-- Task prompt --
Repeat exactly, and only, the lines below starting at the line that contains "names_in (directory names) = pure names" and ending at the line that contains "-- The states", inclusive of both.

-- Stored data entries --
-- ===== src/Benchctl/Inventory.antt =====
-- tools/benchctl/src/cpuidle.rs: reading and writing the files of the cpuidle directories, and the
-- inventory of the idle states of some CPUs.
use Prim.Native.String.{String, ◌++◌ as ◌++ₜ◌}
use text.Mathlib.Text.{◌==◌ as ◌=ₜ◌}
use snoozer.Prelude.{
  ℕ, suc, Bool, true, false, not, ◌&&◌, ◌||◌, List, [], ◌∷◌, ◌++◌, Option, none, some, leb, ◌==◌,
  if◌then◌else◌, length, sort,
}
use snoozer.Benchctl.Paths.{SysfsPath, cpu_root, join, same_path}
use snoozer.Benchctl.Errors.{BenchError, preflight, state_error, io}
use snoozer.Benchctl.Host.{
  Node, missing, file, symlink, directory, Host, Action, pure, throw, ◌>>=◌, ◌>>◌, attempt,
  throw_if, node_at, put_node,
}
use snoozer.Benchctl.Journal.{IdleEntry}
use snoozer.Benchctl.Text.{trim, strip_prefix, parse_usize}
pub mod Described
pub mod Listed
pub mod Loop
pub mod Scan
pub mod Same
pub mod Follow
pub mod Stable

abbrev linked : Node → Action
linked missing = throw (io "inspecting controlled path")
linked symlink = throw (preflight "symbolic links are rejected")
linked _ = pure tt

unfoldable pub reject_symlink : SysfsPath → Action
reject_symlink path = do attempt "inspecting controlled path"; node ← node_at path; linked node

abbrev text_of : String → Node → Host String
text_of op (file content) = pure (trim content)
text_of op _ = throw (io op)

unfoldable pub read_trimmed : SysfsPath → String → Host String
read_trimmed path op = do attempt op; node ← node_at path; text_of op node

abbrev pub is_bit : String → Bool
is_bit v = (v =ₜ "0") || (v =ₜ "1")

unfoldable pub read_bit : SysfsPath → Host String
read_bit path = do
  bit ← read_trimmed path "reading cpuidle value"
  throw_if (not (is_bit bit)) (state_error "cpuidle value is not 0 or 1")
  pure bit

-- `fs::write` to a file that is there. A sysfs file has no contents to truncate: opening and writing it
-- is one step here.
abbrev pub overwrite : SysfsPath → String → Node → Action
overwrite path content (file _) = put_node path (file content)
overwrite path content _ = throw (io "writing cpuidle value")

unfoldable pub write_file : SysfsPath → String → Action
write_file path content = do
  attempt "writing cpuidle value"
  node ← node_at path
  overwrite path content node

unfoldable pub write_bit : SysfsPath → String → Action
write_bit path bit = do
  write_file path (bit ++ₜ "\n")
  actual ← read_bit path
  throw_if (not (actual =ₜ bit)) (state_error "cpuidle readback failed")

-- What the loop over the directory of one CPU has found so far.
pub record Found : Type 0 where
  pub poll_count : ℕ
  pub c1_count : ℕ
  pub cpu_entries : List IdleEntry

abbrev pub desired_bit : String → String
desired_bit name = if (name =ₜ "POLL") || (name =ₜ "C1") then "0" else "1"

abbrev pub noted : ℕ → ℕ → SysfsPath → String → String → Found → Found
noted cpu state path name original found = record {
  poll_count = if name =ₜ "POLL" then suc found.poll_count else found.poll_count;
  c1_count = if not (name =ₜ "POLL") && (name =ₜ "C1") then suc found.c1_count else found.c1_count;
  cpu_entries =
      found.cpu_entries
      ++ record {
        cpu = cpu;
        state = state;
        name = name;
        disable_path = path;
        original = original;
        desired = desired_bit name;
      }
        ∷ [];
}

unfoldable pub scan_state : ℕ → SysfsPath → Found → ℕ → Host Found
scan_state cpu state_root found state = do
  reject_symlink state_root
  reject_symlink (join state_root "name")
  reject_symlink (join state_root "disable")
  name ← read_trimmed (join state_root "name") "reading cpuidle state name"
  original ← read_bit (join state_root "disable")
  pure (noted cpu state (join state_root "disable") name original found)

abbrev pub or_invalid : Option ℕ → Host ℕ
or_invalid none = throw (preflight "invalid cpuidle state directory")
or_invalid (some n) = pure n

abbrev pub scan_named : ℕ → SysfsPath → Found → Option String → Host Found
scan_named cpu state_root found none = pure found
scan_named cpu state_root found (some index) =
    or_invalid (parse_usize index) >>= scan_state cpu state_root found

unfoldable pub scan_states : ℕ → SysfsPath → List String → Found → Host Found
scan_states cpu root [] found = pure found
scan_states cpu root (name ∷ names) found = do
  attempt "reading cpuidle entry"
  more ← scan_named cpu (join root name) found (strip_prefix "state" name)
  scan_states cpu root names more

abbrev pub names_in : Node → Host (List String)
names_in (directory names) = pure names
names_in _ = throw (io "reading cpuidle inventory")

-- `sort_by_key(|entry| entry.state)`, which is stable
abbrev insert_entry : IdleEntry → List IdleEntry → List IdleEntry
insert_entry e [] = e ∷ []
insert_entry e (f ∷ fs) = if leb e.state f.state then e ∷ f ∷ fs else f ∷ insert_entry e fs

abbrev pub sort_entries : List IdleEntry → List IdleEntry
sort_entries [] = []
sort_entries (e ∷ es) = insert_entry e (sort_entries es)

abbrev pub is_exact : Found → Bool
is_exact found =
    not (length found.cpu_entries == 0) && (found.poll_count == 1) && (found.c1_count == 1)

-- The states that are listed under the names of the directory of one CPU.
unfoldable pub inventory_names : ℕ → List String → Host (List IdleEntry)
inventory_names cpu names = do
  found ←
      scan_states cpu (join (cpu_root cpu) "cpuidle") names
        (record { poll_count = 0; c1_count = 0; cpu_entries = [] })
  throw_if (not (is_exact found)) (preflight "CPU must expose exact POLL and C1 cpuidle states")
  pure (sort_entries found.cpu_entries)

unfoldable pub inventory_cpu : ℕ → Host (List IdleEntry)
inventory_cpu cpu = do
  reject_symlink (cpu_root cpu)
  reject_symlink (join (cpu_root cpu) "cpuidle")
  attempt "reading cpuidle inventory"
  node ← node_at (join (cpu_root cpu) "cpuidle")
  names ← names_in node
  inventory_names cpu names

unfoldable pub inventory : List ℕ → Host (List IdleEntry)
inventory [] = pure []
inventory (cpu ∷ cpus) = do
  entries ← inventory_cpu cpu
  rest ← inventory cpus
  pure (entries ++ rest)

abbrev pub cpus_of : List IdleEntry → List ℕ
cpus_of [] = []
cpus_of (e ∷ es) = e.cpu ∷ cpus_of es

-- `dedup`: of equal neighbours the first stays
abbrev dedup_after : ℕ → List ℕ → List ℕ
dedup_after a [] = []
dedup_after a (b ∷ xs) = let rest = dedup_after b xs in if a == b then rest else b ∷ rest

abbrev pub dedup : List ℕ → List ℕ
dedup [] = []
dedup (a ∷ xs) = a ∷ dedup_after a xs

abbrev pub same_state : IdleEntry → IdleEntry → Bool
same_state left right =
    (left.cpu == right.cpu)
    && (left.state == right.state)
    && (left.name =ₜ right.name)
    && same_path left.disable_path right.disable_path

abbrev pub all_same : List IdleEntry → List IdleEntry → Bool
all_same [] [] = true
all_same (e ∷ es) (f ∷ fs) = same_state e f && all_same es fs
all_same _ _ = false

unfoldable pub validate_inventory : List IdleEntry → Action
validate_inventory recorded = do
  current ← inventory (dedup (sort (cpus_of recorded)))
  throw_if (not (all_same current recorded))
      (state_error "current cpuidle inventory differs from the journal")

-- Answer box --
names_in (directory names) = pure names
names_in _ = throw (io "reading cpuidle inventory")

-- `sort_by_key(|entry| entry.state)`, which is stable
abbrev insert_entry : IdleEntry → List IdleEntry → List IdleEntry
insert_entry e [] = e ∷ []
insert_entry e (f ∷ fs) = if leb e.state f.state then e ∷ f ∷ fs else f ∷ insert_entry e fs

abbrev pub sort_entries : List IdleEntry → List IdleEntry
sort_entries [] = []
sort_entries (e ∷ es) = insert_entry e (sort_entries es)

abbrev pub is_exact : Found → Bool
is_exact found =
    not (length found.cpu_entries == 0) && (found.poll_count == 1) && (found.c1_count == 1)

-- The states that are listed under the names of the directory of one CPU.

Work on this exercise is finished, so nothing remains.